The code that you place inside your function is known as the body of the function. When you run a function in R, R will execute all of the code in the body and then return the result of the last line of code. If the last line of code doesn’t return a value, neither will your function, so you want to ensure that your final line of code returns a value.

Here’s some code that would display a result:

dice
1 + 1
sqrt(2)

And here’s some code that would not:

dice <- sample(die, size = 2, replace = TRUE)
two <- 1 + 1
a <- sqrt(2)

These lines of code do not return a value to the command line; they save a value to an object.

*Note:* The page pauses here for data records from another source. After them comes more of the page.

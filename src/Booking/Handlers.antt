-- ===== src/Booking/Handlers.antt =====
-- services/booking-service/internal/service/booking_service_impl.go: the handlers that change one
-- booking and give its seats back, or take them again: RejectBooking, CancelBooking, ReportNoShow,
-- FailPayment, ApproveBooking and ConfirmPayment. Notifications, cached pages, the demands for refunds
-- and the copy of the seats to trips-service, whose failure is only logged, are left out.
pub mod Seats
pub mod Balance
pub mod Cancellation
pub mod Reactivation
pub mod Writes
pub mod Confirmation
pub mod Runs
pub mod Outcome
pub mod Reports
use tissi_mah.Prelude.{
  ℤ, pos, ◌+ℤ◌, ltb_ℤ, ℕ, String, str_eq, Bool, true, false, not, ◌&&◌, ◌||◌, Option, none, some,
  is_some, if◌then◌else◌,
}
use tissi_mah.Prelude.Result.{Result, ok, err}
use tissi_mah.Booking.Domain.{
  BookingStatus, Booking, Error, payment_pending, payment_failed, pending_approval, approved,
}
use tissi_mah.Booking.Store.{Tables, Db, Action, find_row, next_call}
use tissi_mah.Booking.Seats.{
  Redis, CacheError, init_segment_seat_counters, reserve_segment_seats, restore_segment_seats,
}
use tissi_mah.Booking.Waypoints.{get_max_waypoint_order}
use tissi_mah.Booking.Request.{TripDetails}
use tissi_mah.Booking.Creation.{World, Failure, has_active_booking}
use tissi_mah.Booking.Repository.Guards.{same_status, is_cash}
use tissi_mah.Booking.Repository.Approval
use tissi_mah.Booking.Repository.NoShow
use tissi_mah.Booking.Repository.Payment

abbrev pub found : Db → Option Booking → Result Error Booking × Db
found db none = (err Error.booking_not_found, db)
found db (some b) = (ok b, db)

-- GetByID
abbrev pub get_by_id : String → Action Booking
get_by_id id db =
    let (fails, rest) = next_call db.faults in
    let db' : Db = record db { faults = rest } in
    if fails
    then (err Error.data_retrieval_failed, db')
    else found db' (find_row id db.tables.bookings)

-- the answer of a handler, an error or a panic, and the world after it
abbrev pub Reply : Type 0 → Type 0
Reply A = Result Failure A × World

abbrev pub with_booking :
    {A : Type 0} → World → (Booking → World → Reply A) → Result Error Booking × Db → Reply A
with_booking w next (err e, db) = (err (Failure.refused e), record w { db = db })
with_booking w next (ok b, db) = next b (record w { db = db })

-- `if err := ValidateInput(...); err != nil`
abbrev pub given : {A : Type 0} → Bool → World → Reply A → Reply A
given missing w next = if missing then (err (Failure.refused Error.invalid_input), w) else next

-- RestoreSegmentSeats of the seats of a booking, whose error is ignored
abbrev pub released : Booking → Option Redis → Option Redis
released b none = none
released b (some r) =
    some
      (restore_segment_seats b.trip_id b.pickup_sequencer_order b.dropoff_sequencer_order
        b.seats_booked r).1

-- a change of the repository, and the restoration after its success
abbrev pub release_after : Booking → World → Result Error (Unit {0}) × Db → Reply (Unit {0})
release_after b w (err e, db) = (err (Failure.refused e), record w { db = db })
release_after b w (ok _, db) = (ok tt, record { db = db; cache = released b w.cache })

abbrev pub change_and_release : Action (Unit {0}) → Booking → World → Reply (Unit {0})
change_and_release change b w = release_after b w (change w.db)

-- RejectBooking
unfoldable pub reject_booking : ℤ → String → String → String → World → Reply (Unit {0})
reject_booking now driver id reason w =
    given (str_eq driver "" || str_eq id "") w (
      with_booking w (change_and_release (Approval.reject now id driver reason))
        (get_by_id id w.db))

-- a payment that waits at the provider
abbrev pub has_pending_payment : Booking → Bool
has_pending_payment b = same_status b.status payment_pending && not (is_cash b.payment_method)

-- CancelPaymentForBooking of payment-service, which may call ConfirmPayment before it answers with the
-- status of the payment
abbrev pub PaymentClient : Type 0
PaymentClient = String → World → Result String String × World

abbrev pub payment_cancelled :
    (Booking → World → Reply (Unit {0}))
    → String
    → Booking
    → Result String String × World
    → Reply (Unit {0})
payment_cancelled cancel id b (err e, w) = (err (Failure.refused Error.internal_server), w)
payment_cancelled cancel id b (ok status, w) =
    if str_eq status "held" then with_booking w cancel (get_by_id id w.db) else cancel b w

abbrev pub cancel_read :
    Option PaymentClient → ℤ → String → String → String → Booking → World → Reply (Unit {0})
cancel_read none now user id reason b w =
    change_and_release (Approval.cancel now id user reason) b w
cancel_read (some client) now user id reason b w =
    if has_pending_payment b
    then if not (str_eq user b.passenger_id) && not (str_eq user b.driver_id)
      then (err (Failure.refused Error.unauthorized), w)
      else payment_cancelled (change_and_release (Approval.cancel now id user reason)) id b
          (client id w)
    else change_and_release (Approval.cancel now id user reason) b w

-- CancelBooking
unfoldable pub cancel_booking :
    Option PaymentClient → ℤ → String → String → String → World → Reply (Unit {0})
cancel_booking client now user id reason w =
    given (str_eq user "" || str_eq id "") w
      (with_booking w (cancel_read client now user id reason) (get_by_id id w.db))

-- canReportNoShow
unfoldable pub can_report_no_show : Booking → String → String → Bool
can_report_no_show b reporter no_show_type =
    if str_eq reporter b.driver_id
    then str_eq no_show_type "passenger"
    else if str_eq reporter b.passenger_id
    then str_eq no_show_type "driver"
    else false

-- noShowReportDelay and noShowReportWindow
abbrev pub no_show_report_delay : ℤ
no_show_report_delay = pos 900_000_000_000

abbrev pub no_show_report_window : ℤ
no_show_report_window = pos 10_800_000_000_000

-- checkNoShowReportable: the time of the pickup is the parsed answer of trips-service
unfoldable pub check_no_show_reportable : ℤ → Option ℤ → Result Error (Unit {0})
check_no_show_reportable now none = err Error.data_retrieval_failed
check_no_show_reportable now (some pickup) =
    if ltb_ℤ now (pickup +ℤ no_show_report_delay)
    then err Error.no_show_too_early
    else if ltb_ℤ (pickup +ℤ no_show_report_window) now
    then err Error.no_show_report_closed
    else ok tt

abbrev pub if_reportable : World → Reply (Unit {0}) → Result Error (Unit {0}) → Reply (Unit {0})
if_reportable w next (err e) = (err (Failure.refused e), w)
if_reportable w next (ok _) = next

abbrev pub reported :
    (Booking → Option ℤ)
    → ℤ
    → String
    → String
    → String
    → String
    → Booking
    → World
    → Reply (Unit {0})
reported pickup_of now id reporter no_show_type description b w =
    if can_report_no_show b reporter no_show_type
    then if_reportable w
        (change_and_release (NoShow.report_no_show now id reporter no_show_type description) b w)
        (check_no_show_reportable now (pickup_of b))
    else (err (Failure.refused Error.unauthorized), w)

-- ReportNoShow: `pickup_of` is the parsed time of the pickup, where trips-service knows it
unfoldable pub report_no_show :
    (Booking → Option ℤ) → ℤ → String → String → String → String → World → Reply (Unit {0})
report_no_show pickup_of now id reporter no_show_type description w =
    given (str_eq id "" || str_eq reporter "" || str_eq no_show_type "") w (
      given (not (str_eq no_show_type "driver") && not (str_eq no_show_type "passenger")) w (
        with_booking w (reported pickup_of now id reporter no_show_type description)
          (get_by_id id w.db)))

-- FailPayment: a payment that has failed already is no error
abbrev pub already_failed : Error → Result Failure (Unit {0})
already_failed Error.payment_already_failed = ok tt
already_failed e = err (Failure.refused e)

abbrev pub fail_after : Booking → World → Result Error (Unit {0}) × Db → Reply (Unit {0})
fail_after b w (err e, db) = (already_failed e, record w { db = db })
fail_after b w (ok _, db) = (ok tt, record { db = db; cache = released b w.cache })

unfoldable pub fail_payment : ℤ → String → String → World → Reply (Unit {0})
fail_payment now id reason w = given (str_eq id "") w (
    with_booking w (λ b w'. fail_after b w' (Payment.fail_payment now id reason w'.db))
      (get_by_id id w.db))

abbrev pub on_db : World → Result Error (Unit {0}) × Db → Reply (Unit {0})
on_db w (err e, db) = (err (Failure.refused e), record w { db = db })
on_db w (ok _, db) = (ok tt, record w { db = db })

-- ApproveBooking
unfoldable pub approve_booking : ℤ → String → String → World → Reply (Unit {0})
approve_booking now driver id w =
    given (str_eq driver "" || str_eq id "") w
      (with_booking w (λ b w'. on_db w' (Approval.approve now id driver w'.db)) (get_by_id id w.db))

-- the status after a payment: trips-service may be unreachable
abbrev pub status_after_payment : Option TripDetails → BookingStatus
status_after_payment none = pending_approval
status_after_payment (some trip) = if trip.auto_approve_enabled then approved else pending_approval

abbrev pub enough_seats : Booking → TripDetails → World → Reply (Unit {0})
enough_seats b trip w =
    if ltb_ℤ trip.available_seats b.seats_booked
    then (err (Failure.refused Error.no_seats_available), w)
    else (ok tt, w)

abbrev pub seats_taken : World → Result CacheError (Unit {0}) × Redis → Reply (Unit {0})
seats_taken w (err CacheError.panicked, r) = (err Failure.panicked, record w { cache = some r })
seats_taken w (err CacheError.command_failed, r) =
    (err (Failure.refused Error.no_seats_available), record w { cache = some r })
seats_taken w (err CacheError.no_seats_available, r) =
    (err (Failure.refused Error.no_seats_available), record w { cache = some r })
seats_taken w (ok _, r) = (ok tt, record w { cache = some r })

abbrev pub counters_ready :
    Booking → TripDetails → World → Result CacheError (Unit {0}) × Redis → Reply (Unit {0})
counters_ready b trip w (err e, r) = enough_seats b trip (record w { cache = some r })
counters_ready b trip w (ok _, r) = seats_taken w (
    reserve_segment_seats b.trip_id b.pickup_sequencer_order b.dropoff_sequencer_order
      b.seats_booked r)

abbrev pub take_seats : Booking → TripDetails → World → Option Redis → Reply (Unit {0})
take_seats b trip w none = enough_seats b trip w
take_seats b trip w (some r) = counters_ready b trip w (
    init_segment_seat_counters b.trip_id trip.total_seats (get_max_waypoint_order trip.waypoints) r)

abbrev pub if_not_rebooked :
    Booking → TripDetails → World → Result Error Bool × Db → Reply (Unit {0})
if_not_rebooked b trip w (err e, db) = (err (Failure.refused e), record w { db = db })
if_not_rebooked b trip w (ok true, db) =
    (err (Failure.refused Error.no_seats_available), record w { db = db })
if_not_rebooked b trip w (ok false, db) = take_seats b trip (record w { db = db }) w.cache

-- reserveSeatsForReactivation
unfoldable pub reserve_seats_for_reactivation :
    Booking → Option TripDetails → World → Reply (Unit {0})
reserve_seats_for_reactivation b none w = (err (Failure.refused Error.internal_server), w)
reserve_seats_for_reactivation b (some trip) w =
    if not (str_eq trip.status "scheduled") && not (str_eq trip.status "inProgress")
    then (err (Failure.refused Error.no_seats_available), w)
    else if_not_rebooked b trip w (has_active_booking b.passenger_id b.trip_id w.db)

-- ConfirmPayment of the repository, with the restoration of seats that were taken again
abbrev pub confirm_after :
    Bool → Booking → BookingStatus → World → Result Error (Unit {0}) × Db → Reply BookingStatus
confirm_after reactivate b status w (err e, db) = (
  err (Failure.refused e),
  record { db = db; cache = if reactivate then released b w.cache else w.cache },
)
confirm_after reactivate b status w (ok _, db) = (ok status, record w { db = db })

abbrev pub confirm_at : ℤ → String → Bool → Booking → BookingStatus → World → Reply BookingStatus
confirm_at now id reactivate b status w =
    confirm_after reactivate b status w (Payment.confirm_payment now id b.status status w.db)

abbrev pub if_taken : (World → Reply BookingStatus) → Reply (Unit {0}) → Reply BookingStatus
if_taken next (err e, w) = (err e, w)
if_taken next (ok _, w) = next w

abbrev pub trip_of : Result (Unit {0}) (Option TripDetails) → Option TripDetails
trip_of (err _) = none
trip_of (ok details) = details

abbrev pub confirm_read :
    (String → Result (Unit {0}) (Option TripDetails))
    → ℤ
    → String
    → Booking
    → World
    → Reply BookingStatus
confirm_read get_trip_details now id b w =
    let trip = trip_of (get_trip_details b.trip_id) in
    let status = status_after_payment trip in
    if same_status b.status payment_pending
    then confirm_at now id false b status w
    else if same_status b.status payment_failed
    then if_taken (confirm_at now id true b status) (reserve_seats_for_reactivation b trip w)
    else if is_some b.payment_completed_at
    then (err (Failure.refused Error.payment_already_confirmed), w)
    else (err (Failure.refused Error.invalid_status_transition), w)

-- confirmPaymentOnce
unfoldable pub confirm_payment_once :
    (String → Result (Unit {0}) (Option TripDetails)) → ℤ → String → World → Reply BookingStatus
confirm_payment_once get_trip_details now id w =
    with_booking w (confirm_read get_trip_details now id) (get_by_id id w.db)

abbrev pub is_invalid_transition : Failure → Bool
is_invalid_transition (Failure.refused Error.invalid_status_transition) = true
is_invalid_transition _ = false

-- the second attempt, where the status has changed between the read and the lock
abbrev pub attempted : (World → Reply BookingStatus) → Reply BookingStatus → Reply BookingStatus
attempted again (ok status, w) = (ok status, w)
attempted again (err e, w) = if is_invalid_transition e then again w else (err e, w)

-- ConfirmPayment
unfoldable pub confirm_payment :
    (String → Result (Unit {0}) (Option TripDetails))
    → ℤ
    → String
    → String
    → World
    → Reply BookingStatus
confirm_payment get_trip_details now id transaction w =
    given (str_eq id "" || str_eq transaction "") w (
      attempted (confirm_payment_once get_trip_details now id)
        (confirm_payment_once get_trip_details now id w))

You can supply bones when you call roll2 if you make bones an argument of the function. To do this, put the name bones in the parentheses that follow function when you define roll2:

roll2 <- function(bones) {
  dice <- sample(bones, size = 2, replace = TRUE)
  sum(dice)
}
roll2(bones = 1:4)
#> [1] 6
roll2(1:6)
#> [1] 3

Notice that roll2 will still give an error if you do not supply a value for the bones argument when you call roll2:

roll2()
#> Error in sample(bones, size = 2, replace = TRUE): argument "bones" is missing, with no default

You can prevent this error by giving the bones argument a default value. To do this, set bones equal to a value when you define roll2:

roll2 <- function(bones = 1:6) {
  dice <- sample(bones, size = 2, replace = TRUE)
  sum(dice)
}

Now you can supply a new value for bones if you like, and roll2 will use the default if you do not:

roll2()
#> [1] 6
roll2(1:20)
#> [1] 13

You can give your functions as many arguments as you like. Just list their names, separated by commas, in the parentheses that follow function. When the function is run, R will replace each argument name in the function body with the value that the user supplies for the argument. If the user does not supply a value, R will replace the argument name with the argument’s default value (if you defined one).